BEGIN TASK INPUT

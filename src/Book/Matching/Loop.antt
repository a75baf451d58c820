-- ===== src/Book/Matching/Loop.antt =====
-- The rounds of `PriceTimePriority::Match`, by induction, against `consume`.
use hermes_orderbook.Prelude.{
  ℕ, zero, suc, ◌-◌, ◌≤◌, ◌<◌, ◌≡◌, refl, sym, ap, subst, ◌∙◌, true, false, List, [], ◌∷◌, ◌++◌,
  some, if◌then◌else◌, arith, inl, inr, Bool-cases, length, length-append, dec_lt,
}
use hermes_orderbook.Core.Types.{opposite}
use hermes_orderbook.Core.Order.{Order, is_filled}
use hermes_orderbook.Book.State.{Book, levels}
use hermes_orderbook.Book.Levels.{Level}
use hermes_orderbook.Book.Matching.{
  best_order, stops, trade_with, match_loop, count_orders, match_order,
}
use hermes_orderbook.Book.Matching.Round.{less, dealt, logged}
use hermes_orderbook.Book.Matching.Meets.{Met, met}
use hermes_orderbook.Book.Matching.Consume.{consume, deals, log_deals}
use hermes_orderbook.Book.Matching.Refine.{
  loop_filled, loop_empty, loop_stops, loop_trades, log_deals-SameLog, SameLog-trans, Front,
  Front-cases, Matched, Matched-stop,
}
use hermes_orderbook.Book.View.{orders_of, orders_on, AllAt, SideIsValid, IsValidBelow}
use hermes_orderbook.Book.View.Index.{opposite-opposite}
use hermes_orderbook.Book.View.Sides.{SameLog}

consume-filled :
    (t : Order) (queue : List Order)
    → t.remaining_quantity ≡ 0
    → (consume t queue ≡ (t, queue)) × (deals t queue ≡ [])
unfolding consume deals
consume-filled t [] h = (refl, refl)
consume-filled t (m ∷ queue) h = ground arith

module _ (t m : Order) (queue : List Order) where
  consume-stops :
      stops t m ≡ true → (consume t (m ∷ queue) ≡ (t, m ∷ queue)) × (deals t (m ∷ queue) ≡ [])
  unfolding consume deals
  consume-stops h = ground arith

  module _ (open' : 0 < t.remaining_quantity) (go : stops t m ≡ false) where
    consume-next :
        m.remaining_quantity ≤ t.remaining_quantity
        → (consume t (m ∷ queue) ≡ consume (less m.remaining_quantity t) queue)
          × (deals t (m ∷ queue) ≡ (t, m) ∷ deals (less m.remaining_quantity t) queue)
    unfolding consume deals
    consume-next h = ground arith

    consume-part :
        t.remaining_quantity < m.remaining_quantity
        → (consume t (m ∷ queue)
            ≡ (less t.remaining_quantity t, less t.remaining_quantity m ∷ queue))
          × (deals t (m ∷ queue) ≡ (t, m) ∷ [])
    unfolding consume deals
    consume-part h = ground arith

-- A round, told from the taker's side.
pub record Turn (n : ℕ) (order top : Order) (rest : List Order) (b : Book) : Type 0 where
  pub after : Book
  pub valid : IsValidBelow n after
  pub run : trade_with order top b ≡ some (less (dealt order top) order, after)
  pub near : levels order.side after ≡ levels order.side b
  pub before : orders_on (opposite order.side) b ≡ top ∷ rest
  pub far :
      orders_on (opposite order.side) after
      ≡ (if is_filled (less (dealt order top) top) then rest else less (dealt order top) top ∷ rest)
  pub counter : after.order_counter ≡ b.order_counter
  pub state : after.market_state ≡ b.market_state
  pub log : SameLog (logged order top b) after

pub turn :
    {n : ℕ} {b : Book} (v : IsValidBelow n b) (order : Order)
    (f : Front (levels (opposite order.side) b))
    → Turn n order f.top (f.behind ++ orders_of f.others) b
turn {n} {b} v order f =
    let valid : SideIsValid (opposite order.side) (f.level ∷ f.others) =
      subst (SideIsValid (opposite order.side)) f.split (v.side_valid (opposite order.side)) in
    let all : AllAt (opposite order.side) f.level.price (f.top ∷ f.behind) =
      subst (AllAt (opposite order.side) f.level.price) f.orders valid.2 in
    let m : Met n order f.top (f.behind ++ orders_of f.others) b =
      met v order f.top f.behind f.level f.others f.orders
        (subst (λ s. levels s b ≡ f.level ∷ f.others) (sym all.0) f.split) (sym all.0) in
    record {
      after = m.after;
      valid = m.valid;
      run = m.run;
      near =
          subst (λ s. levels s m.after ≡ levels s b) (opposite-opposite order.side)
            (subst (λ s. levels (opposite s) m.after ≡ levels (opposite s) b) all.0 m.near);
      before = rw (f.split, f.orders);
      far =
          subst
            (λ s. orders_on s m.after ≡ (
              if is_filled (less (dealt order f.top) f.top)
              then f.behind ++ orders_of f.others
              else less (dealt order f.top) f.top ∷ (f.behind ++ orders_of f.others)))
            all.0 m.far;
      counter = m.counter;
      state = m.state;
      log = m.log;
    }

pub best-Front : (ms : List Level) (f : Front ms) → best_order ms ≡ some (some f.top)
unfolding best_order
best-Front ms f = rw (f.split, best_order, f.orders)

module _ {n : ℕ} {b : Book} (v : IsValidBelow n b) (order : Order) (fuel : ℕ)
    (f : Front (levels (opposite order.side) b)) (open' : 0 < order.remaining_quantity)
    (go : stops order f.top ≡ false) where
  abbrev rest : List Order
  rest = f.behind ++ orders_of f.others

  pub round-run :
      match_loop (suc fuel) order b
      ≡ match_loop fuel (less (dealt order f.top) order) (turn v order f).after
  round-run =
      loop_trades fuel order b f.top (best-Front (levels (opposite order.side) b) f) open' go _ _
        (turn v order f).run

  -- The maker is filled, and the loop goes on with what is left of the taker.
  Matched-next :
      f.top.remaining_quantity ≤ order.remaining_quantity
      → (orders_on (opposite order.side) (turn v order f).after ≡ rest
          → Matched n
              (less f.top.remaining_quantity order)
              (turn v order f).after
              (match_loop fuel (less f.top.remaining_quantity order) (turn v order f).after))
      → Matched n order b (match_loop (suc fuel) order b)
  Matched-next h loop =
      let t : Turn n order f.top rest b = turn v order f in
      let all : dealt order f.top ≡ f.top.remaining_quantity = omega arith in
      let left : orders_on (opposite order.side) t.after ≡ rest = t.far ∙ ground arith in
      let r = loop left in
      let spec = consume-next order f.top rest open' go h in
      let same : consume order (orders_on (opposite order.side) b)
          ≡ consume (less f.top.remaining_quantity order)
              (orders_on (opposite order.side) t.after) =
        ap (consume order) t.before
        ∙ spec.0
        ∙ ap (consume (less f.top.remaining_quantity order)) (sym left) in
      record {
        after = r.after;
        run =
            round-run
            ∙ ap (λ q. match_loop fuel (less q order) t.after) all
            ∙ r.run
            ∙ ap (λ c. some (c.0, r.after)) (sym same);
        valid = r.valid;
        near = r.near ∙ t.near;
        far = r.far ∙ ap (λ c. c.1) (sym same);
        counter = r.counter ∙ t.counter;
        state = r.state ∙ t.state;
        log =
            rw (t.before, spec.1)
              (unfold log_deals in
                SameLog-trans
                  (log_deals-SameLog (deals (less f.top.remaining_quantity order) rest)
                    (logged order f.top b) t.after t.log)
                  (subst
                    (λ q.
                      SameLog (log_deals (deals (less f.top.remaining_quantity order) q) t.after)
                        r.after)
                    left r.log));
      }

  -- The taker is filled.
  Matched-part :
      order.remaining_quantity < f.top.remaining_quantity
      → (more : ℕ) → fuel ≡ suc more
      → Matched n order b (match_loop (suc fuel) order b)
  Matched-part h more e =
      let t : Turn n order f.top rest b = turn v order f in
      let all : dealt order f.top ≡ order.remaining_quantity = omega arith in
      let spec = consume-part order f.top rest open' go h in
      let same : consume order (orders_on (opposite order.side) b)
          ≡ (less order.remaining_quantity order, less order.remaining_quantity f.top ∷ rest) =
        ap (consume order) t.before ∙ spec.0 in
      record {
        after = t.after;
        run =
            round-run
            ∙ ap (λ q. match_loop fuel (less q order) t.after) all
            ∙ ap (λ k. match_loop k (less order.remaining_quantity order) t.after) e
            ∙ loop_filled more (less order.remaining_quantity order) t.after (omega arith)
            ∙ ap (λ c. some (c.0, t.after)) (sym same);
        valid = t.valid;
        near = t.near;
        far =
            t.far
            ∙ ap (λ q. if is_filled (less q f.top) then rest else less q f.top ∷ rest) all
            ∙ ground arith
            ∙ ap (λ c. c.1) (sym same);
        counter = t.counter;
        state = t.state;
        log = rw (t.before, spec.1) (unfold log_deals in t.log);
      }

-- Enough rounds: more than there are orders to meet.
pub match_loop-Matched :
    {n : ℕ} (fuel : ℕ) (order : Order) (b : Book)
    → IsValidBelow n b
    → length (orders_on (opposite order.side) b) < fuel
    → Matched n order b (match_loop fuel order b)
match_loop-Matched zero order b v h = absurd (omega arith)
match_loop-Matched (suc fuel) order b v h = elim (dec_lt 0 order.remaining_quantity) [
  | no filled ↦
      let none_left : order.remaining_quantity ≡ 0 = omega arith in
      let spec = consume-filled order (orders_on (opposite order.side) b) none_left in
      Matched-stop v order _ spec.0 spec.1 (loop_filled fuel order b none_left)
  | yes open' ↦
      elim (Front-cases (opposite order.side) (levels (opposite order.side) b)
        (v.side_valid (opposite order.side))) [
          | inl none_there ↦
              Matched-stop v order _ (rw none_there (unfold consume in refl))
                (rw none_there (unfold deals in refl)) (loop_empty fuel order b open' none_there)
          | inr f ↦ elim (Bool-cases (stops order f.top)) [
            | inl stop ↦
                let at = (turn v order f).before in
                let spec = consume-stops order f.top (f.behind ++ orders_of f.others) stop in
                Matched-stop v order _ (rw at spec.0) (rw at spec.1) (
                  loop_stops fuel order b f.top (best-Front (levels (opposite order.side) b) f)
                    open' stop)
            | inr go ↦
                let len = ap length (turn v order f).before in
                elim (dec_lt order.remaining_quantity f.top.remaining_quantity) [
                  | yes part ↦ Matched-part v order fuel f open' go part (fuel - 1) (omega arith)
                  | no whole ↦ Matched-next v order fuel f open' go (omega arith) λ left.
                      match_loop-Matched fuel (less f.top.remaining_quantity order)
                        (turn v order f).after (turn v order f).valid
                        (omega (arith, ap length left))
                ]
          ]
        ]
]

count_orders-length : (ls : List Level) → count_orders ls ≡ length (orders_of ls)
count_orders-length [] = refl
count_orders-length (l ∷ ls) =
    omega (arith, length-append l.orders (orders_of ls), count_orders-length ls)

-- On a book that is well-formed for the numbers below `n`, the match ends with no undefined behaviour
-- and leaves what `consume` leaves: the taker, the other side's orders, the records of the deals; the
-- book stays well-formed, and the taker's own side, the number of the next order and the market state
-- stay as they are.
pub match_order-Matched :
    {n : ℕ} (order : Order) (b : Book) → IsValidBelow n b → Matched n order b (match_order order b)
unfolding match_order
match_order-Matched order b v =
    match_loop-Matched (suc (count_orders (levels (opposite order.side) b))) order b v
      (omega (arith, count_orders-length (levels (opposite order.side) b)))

END TASK INPUT
BEGIN TASK INPUT

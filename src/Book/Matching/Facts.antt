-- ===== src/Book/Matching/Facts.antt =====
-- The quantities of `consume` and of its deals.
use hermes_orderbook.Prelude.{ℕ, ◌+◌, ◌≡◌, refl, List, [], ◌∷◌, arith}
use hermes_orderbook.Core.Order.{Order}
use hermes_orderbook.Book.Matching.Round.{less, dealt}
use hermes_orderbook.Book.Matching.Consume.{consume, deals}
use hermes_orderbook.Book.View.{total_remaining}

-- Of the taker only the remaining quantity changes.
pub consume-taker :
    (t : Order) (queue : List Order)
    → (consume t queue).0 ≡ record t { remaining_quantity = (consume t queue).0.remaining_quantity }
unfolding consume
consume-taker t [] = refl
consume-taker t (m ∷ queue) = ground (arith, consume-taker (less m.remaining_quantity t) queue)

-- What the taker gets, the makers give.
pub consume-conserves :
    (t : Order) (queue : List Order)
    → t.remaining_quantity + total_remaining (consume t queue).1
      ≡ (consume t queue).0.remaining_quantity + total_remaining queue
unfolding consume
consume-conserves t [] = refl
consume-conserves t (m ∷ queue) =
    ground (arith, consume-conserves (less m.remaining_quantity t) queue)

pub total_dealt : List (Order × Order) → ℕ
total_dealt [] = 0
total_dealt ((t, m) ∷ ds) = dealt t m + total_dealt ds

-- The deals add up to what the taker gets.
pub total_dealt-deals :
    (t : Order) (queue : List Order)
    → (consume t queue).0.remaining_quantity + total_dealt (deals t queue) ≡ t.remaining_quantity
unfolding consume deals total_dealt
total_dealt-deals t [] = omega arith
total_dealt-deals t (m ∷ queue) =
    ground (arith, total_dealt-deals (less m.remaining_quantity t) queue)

END TASK INPUT

§ WORK INSTRUCTION
Using the material above, copy every line in which the string "View" occurs.

§ TASK RESPONSE
use hermes_orderbook.Book.View.{orders_of, orders_on, AllAt, SideIsValid, IsValidBelow}
use hermes_orderbook.Book.View.Index.{opposite-opposite}
use hermes_orderbook.Book.View.Sides.{SameLog}
use hermes_orderbook.Book.View.{total_remaining}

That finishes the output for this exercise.